Thursday, November 09, 2006

November 8 Flu Update

The WHO Director-General election is over. Hong Kong flu expert Margaret Chan will held the organization.

Effect Measure comments on the choice of Dr. Chan.

The WHO has urged Chinese Scientists and non-Chinese scientists to stop squabbling, share data and work together.

Nick Zamiska of the Wall Street Journal also has this story--from the context that the rift shows the difficult road China has in doing this work in a single-party state.

WHO reminds its readers that it will be importantly to continually monitor poultry vaccines to check for mutations.

GSK is projecting that a couple "important" countries will order large quantities of pre-pandemic vaccine.


Recently, we blogged that the Chinese had identified a part of the flu virus that made it virulent. Effect Measure chimes in about the potential importance of the research.


Still, this is very interesting and elegant work. It directs our attention to NS1 and its ability to inhibit interferon production as a characteristic sufficient to turn an avirulent virus into a virulent one. It is like a big sign in the ground that has the letters, Dig Here, written on it.


Imogene has received an R&D grant to develop "technology that enables identification of naturally infected and vaccinated birds."
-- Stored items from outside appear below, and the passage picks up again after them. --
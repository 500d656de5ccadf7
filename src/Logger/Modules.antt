-- ===== src/Logger/Modules.antt =====
-- The module of a record, from its own attributes and from those of the scopes of its logger.
use mdtree.Prelude.{
  Bytes, bytes_eq, ◌≡◌, ◌∙◌, refl, Bool, true, not, ◌&&◌, ◌||◌, List, [], ◌∷◌, Option, none, some,
  arith, has, map, if◌then◌else◌,
}
use mdtree.Text.{trim_space}
use mdtree.Logger.{
  Attr, Record, Scope, with_attrs, with_group, is_module, record_module, attrs_module, scope_module,
}

abbrev pub or_else : Option Bytes → Option Bytes → Option Bytes
or_else (some n) o = some n
or_else none o = o

abbrev pub own_name : Attr → Option Bytes
own_name a = if is_module a then some a.value else none

abbrev pub first_name : List Attr → Option Bytes
first_name [] = none
first_name (a ∷ rest) = or_else (own_name a) (first_name rest)

abbrev pub last_name : List Attr → Option Bytes
last_name [] = none
last_name (a ∷ rest) = or_else (last_name rest) (own_name a)

abbrev pub scope_name : Scope → Option Bytes
scope_name (with_attrs attrs) = last_name attrs
scope_name (with_group name) = none

-- The module that the newest scope names.
abbrev pub newest_name : List Scope → Option Bytes
newest_name [] = none
newest_name (sc ∷ scs) = or_else (scope_name sc) (newest_name scs)

abbrev pub allowed_name : List Bytes → Option Bytes → Bool
allowed_name allowed none = true
allowed_name allowed (some n) = bytes_eq n [] || has allowed n

-- Whether a record is let through: its own module counts before those of the scopes, and without a
-- list of modules all are.
abbrev pub passes : List Bytes → List Scope → Record → Bool
passes [] scs r = true
passes (m ∷ ms) scs r =
    allowed_name (map trim_space (m ∷ ms)) (or_else (first_name r.attrs) (newest_name scs))

abbrev pub or_tag : Bytes → Option Bytes → Bytes
or_tag tag none = tag
or_tag tag (some n) = n

attrs_module-or_tag :
    (tag : Bytes) (attrs : List Attr) → attrs_module tag attrs ≡ or_tag tag (last_name attrs)
unfolding attrs_module
attrs_module-or_tag tag [] = refl
attrs_module-or_tag tag (a ∷ rest) =
    ground (arith, attrs_module-or_tag tag rest, attrs_module-or_tag a.value rest)

pub record_module-or_tag :
    (tag : Bytes) (attrs : List Attr) → record_module tag attrs ≡ or_tag tag (first_name attrs)
unfolding record_module
record_module-or_tag tag [] = refl
record_module-or_tag tag (a ∷ rest) = ground (arith, record_module-or_tag tag rest)

pub tag_derived :
    (sc : Scope) (o : Option Bytes)
    → scope_module (or_tag [] o) sc ≡ or_tag [] (or_else (scope_name sc) o)
tag_derived (with_group name) o = refl
tag_derived (with_attrs attrs) o = attrs_module-or_tag (or_tag [] o) attrs ∙ go (last_name attrs)
  where
    go : (l : Option Bytes) → or_tag (or_tag [] o) l ≡ or_tag [] (or_else l o)
    go none = refl
    go (some n) = refl

pub filter-passes :
    (allowed : List Bytes) (own newest : Option Bytes)
    → not (bytes_eq (or_tag (or_tag [] newest) own) [])
        && not (has allowed (or_tag (or_tag [] newest) own))
      ≡ not (allowed_name allowed (or_else own newest))
filter-passes allowed none none = ground arith
filter-passes allowed none (some n) = ground arith
filter-passes allowed (some n) newest = ground arith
India is lowering its expected poultry exports due to the flu.

India is looking at developing poultry health standards to protect against its poultry stock from bird flu.

A national influenza drill is being held in New Zealand today.

Scott County, VA officials say they are ready in the event of an influenza pandemic.

Here's another positive vaccine press release from a pharmco.

1 Comments:

At 7:20 PM, Blogger Wulfgang said...

Orange;

I abhor politics so I won't comment on the Margaret Chan appointment. We will just have to sit and wait and see how much of a China puppet she really turns out to be.
The Revere discussion in Effective Measure was interesting, but as it points out, with all the gene sequence research, very little is actually new discovery.

But I can comment on the latest of quite a few national influenza pandemic enhanced table-top like exercises taking place - this time in New Zealand. We've already seen these activities in Great Britain, Australia, Hong Kong and several other countries and they have conducted similar important exercises. Where is the United States on this ? I think the answer is: it isn't. Unfortunately, the U.S. has taken the approach to treat influenza pandemic readiness like a one time catastrophic event, exactly like a hurricane or terrorist threat. Worse, it has delegated all functional planning responsibility onto the states, hence we have 50 inconsistent stove pipe plans, most of them insufficient right down to the community level. Some of them are down right unrealistic. I point this situation out, because we are very likely to end up with 50 Katrina-like situations during a moderate-to-severe pandemic. And the planning situation even gets worse - all government agencies and the DOD (Army, Navy, Marines, Air Force) all have disparate influenza plans, that are either incomplete to date, incongruous, and relate only to their specific defined missions - which doesn't necessarily directly benefit you or me. And these federal plans have not been integrated with the commercial business, state, and community plans.

The U.S. should immediately initiate a national integrated table-top influenza pandemic exercise, so these blaring inconsistencies can be spotted and corrected. Until this happens, it might be wise for everyone to contemplate what needs they should acquire if "shelter-in-place" orders are mandated during quarantines. This is where the U.S. is currently headed, by default.